More fuel for my on going study of soumack and all it's variations.


front
reverse side
Two samples of soumack I have been studying. I think I am going to start a new sampler this week and do more soumack samples. I am especially interested in using soumack as the ground both with and without a counter pass.  I will  probably start by copying this sample of promgranate pod from one of several pictures of a Soumack rug that Pat Dunston sent to me many months ago.




I think one of my favourite uses of soumack is still the pod I made this summer. I am going to be doing more of this type of work as soon as I finish rearranging my studio. Eventually I want to make a series of large pins or fibulae to wear with the ruwannas I love to wear. I have also seen soumack used for making earrings that are in fan shapes. I enjoy it when one technique such as metal work overlaps into my tapestry work-even though soumack is only tapestry in the loosest meaning of the word.




I did do a tad bit on this one too!
The next month is going to be rather busy. I am writing a couple of articles on colour and tapestry. Still arranging my studio to the way I want it. Hopefully the computers will be moved in the near future from the 2nd floor to the first floor. Trying to finish two pieces for the next series of shows.  I am involved in a show that will happen in May or June . It should be an interesting show. It's a group of Oregon weaving teachers and their students. I need to start looking for some of my students work to hang with my work in the show. Spencer and I are making plans to go to San Francisco before the 14th of January. I want to see the impressionist show at the Legion of honor.  There is a Seurat that I really want to see. It’s all about the optical blending he and his followers used. Pointillism is so related to colour blending in tapestry.  is so related to chene and mélanges in tapestry.  We need to do this before tax season hits. 

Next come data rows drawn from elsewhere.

-- ===== src/Strings/Find.antt =====
-- `ps_find` on the entries of a bucket, and the comparison of strings.
use eel.Prelude.{
  ℕ, zero, suc, ◌≡◌, ◌≢◌, refl, sym, ap, ◌∙◌, ◌⊎◌, inl, inr, true, false, none, some, List, [], ◌∷◌,
  ◌==◌, length, arith, Bool-cases,
}
use mathlib.Core.Path.{subst}
use eel.Strings.{Pstring, hashmem, strncmp_eq, scan, bucket_of}

-- No byte is 0, as in every string of C.
abbrev pub NoNul : List ℕ → Type 0
NoNul [] = Unit
NoNul (c ∷ cs) = (c ≢ 0) × NoNul cs

pub strncmp_eq_refl : (s : List ℕ) (n : ℕ) → strncmp_eq s s n ≡ true
unfolding strncmp_eq
strncmp_eq_refl s zero = refl
strncmp_eq_refl [] (suc n) = refl
strncmp_eq_refl (x ∷ s) (suc n) =
    let same : (x == x) ≡ true = ground arith in
    let rec = strncmp_eq_refl s n in rw (strncmp_eq, same, rec) (ground arith)

strncmp_eq_sound :
    (a b : List ℕ) → NoNul a → length a ≡ length b → strncmp_eq a b (length b) ≡ true → a ≡ b
unfolding strncmp_eq
strncmp_eq_sound [] [] h l e = refl
strncmp_eq_sound [] (y ∷ b) h l e = absurd (omega (arith, l))
strncmp_eq_sound (x ∷ a) [] h l e = absurd (omega (arith, l))
strncmp_eq_sound (x ∷ a) (y ∷ b) (nz, h) l e =
    let rec = strncmp_eq_sound a b h (omega (arith, l)) in
    elim (Bool-cases (x == y)) [
      | inl same ↦
          let e' : x ≡ y = ground arith in
          let nonzero : (x == 0) ≡ false = ground arith in rw (e', rec (ground (arith, e))) refl
      | inr differ ↦ absurd (ground (arith, e))
    ]

-- No entry has this text.
abbrev pub Fresh : List ℕ → List Pstring → Type 0
Fresh s [] = Unit
Fresh s (ps ∷ rest) = (ps.buffer ≢ s) × Fresh s rest

abbrev pub In : Pstring → List Pstring → Type 0
In p [] = ⊥
In p (ps ∷ rest) = (ps ≡ p) ⊎ In p rest

-- The entries of bucket `b`: each has the hash code of its text, which leads to this bucket, no two
-- have the same text, and no text has a byte 0.
abbrev pub Bucket : ℕ → List Pstring → Type 0
Bucket b [] = Unit
Bucket b (ps ∷ rest) =
    (ps.hash ≡ hashmem ps.buffer)
    × (bucket_of ps.hash ≡ b)
    × NoNul ps.buffer
    × Fresh ps.buffer rest
    × Bucket b rest

-- At an entry with the text the scan stops, and any other entry it passes.
pub scan_cases :
    (s : List ℕ) (ps : Pstring) (rest : List Pstring)
    → ps.hash ≡ hashmem ps.buffer
    → NoNul ps.buffer
    → ((ps.buffer ≡ s) × (scan (hashmem s) s (ps ∷ rest) ≡ some ps))
      ⊎ ((ps.buffer ≢ s) × (scan (hashmem s) s (ps ∷ rest) ≡ scan (hashmem s) s rest))
unfolding scan
scan_cases s ps rest h nn = elim (Bool-cases (ps.hash == hashmem s)) [
  | inr differ ↦ inr (λ e. different differ (h ∙ ap hashmem e), rw (scan, differ) refl)
  | inl same ↦ elim (Bool-cases (length ps.buffer == length s)) [
    | inr differ ↦ inr (λ e. different differ (ap length e), rw (scan, same, differ) refl)
    | inl long ↦ elim (Bool-cases (strncmp_eq ps.buffer s (length s))) [
      | inl equal ↦ inl (
        strncmp_eq_sound ps.buffer s nn (ground (arith, long)) equal,
        rw (scan, same, long, equal) refl,
      )
      | inr differ ↦ inr (
        λ e. unequal (ap (λ x. strncmp_eq x s (length s)) e) differ,
        rw (scan, same, long, differ) refl,
      )
    ]
  ]
]
  where
    different : {a b : ℕ} → (a == b) ≡ false → a ≢ b
    different f e = ground arith

    unequal :
        strncmp_eq ps.buffer s (length s) ≡ strncmp_eq s s (length s)
        → strncmp_eq ps.buffer s (length s) ≡ false
        → ⊥
    unequal e f = ground (arith, e, f, strncmp_eq_refl s (length s))

pub scan_sound :
    (b : ℕ) (l : List Pstring) (s : List ℕ) (p : Pstring)
    → Bucket b l
    → scan (hashmem s) s l ≡ some p
    → (p.buffer ≡ s) × In p l
unfolding scan
scan_sound b [] s p h e = absurd (ground (arith, e))
scan_sound b (ps ∷ rest) s p (hh, hb, nn, fresh, good) e = elim (scan_cases s ps rest hh nn) [
  | inl (t, found) ↦
      let same : ps ≡ p = ground (arith, e, found) in (ap (λ x. x.buffer) (sym same) ∙ t, inl same)
  | inr (t, passed) ↦ let (u, i) = scan_sound b rest s p good (sym passed ∙ e) in (u, inr i)
]

pub scan-none :
    (b : ℕ) (l : List Pstring) (s : List ℕ) → Bucket b l → scan (hashmem s) s l ≡ none → Fresh s l
scan-none b [] s h e = tt
scan-none b (ps ∷ rest) s (hh, hb, nn, fresh, good) e = elim (scan_cases s ps rest hh nn) [
  | inl (t, found) ↦ absurd (ground (arith, e, found))
  | inr (t, passed) ↦ (t, scan-none b rest s good (sym passed ∙ e))
]

Fresh-In : (s : List ℕ) (l : List Pstring) (p : Pstring) → Fresh s l → In p l → p.buffer ≢ s
Fresh-In s [] p f i = elim i [ ]
Fresh-In s (ps ∷ rest) p (f, fs) i = elim i [
  | inl e ↦ λ t. f (ap (λ x. x.buffer) e ∙ t)
  | inr i ↦ Fresh-In s rest p fs i
]

-- Every entry is found by its text.
pub scan-In :
    (b : ℕ) (l : List Pstring) (p : Pstring)
    → Bucket b l
    → In p l
    → scan (hashmem p.buffer) p.buffer l ≡ some p
scan-In b [] p h i = elim i [ ]
scan-In b (ps ∷ rest) p (hh, hb, nn, fresh, good) i = elim (scan_cases p.buffer ps rest hh nn) [
  | inl (t, found) ↦ elim i [
    | inl e ↦ found ∙ ap some e
    | inr j ↦ absurd (Fresh-In ps.buffer rest p fresh j (sym t))
  ]
  | inr (t, passed) ↦ elim i [
    | inl e ↦ absurd (t (ap (λ x. x.buffer) e))
    | inr j ↦ passed ∙ scan-In b rest p good j
  ]
]

pub In-Bucket :
    (b : ℕ) (l : List Pstring) (p : Pstring)
    → Bucket b l
    → In p l
    → (p.hash ≡ hashmem p.buffer) × (bucket_of (hashmem p.buffer) ≡ b)
In-Bucket b [] p h i = elim i [ ]
In-Bucket b (ps ∷ rest) p (hh, hb, nn, fresh, good) i = elim i [
  | inl e ↦
      subst (λ x. (x.hash ≡ hashmem x.buffer) × (bucket_of (hashmem x.buffer) ≡ b)) e
        (hh, ap bucket_of (sym hh) ∙ hb)
  | inr j ↦ In-Bucket b rest p good j
]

I think I have written enough on my blog that I can stop feeling guilty. Will just need to try harder to do the next one on time.




END!!











3 comments:

K Spoering said...

Good luck with having Chene train you! Booker has trained me to give him all sorts of useful commands - which he chooses to view as requests, and optional ones at that!
I think I planted my amaryllis in time to bloom around Christmas this year. It's about 5" tall right now.

Unknown said...
This comment has been removed by the author.
Unknown said...

Isn't that the truth. Forgot to dry him after we came in from our walk. He's such a hairy sponge. He decided he needed to be toweled so he pulled out every towel and blanket he could reach, which considering how small he is-is alot.. Guess, I'll remember next time. I hate picking up stuff.
Mine has only been in a week. Bought it the same time I bought my Poinsettia for the yearly kill.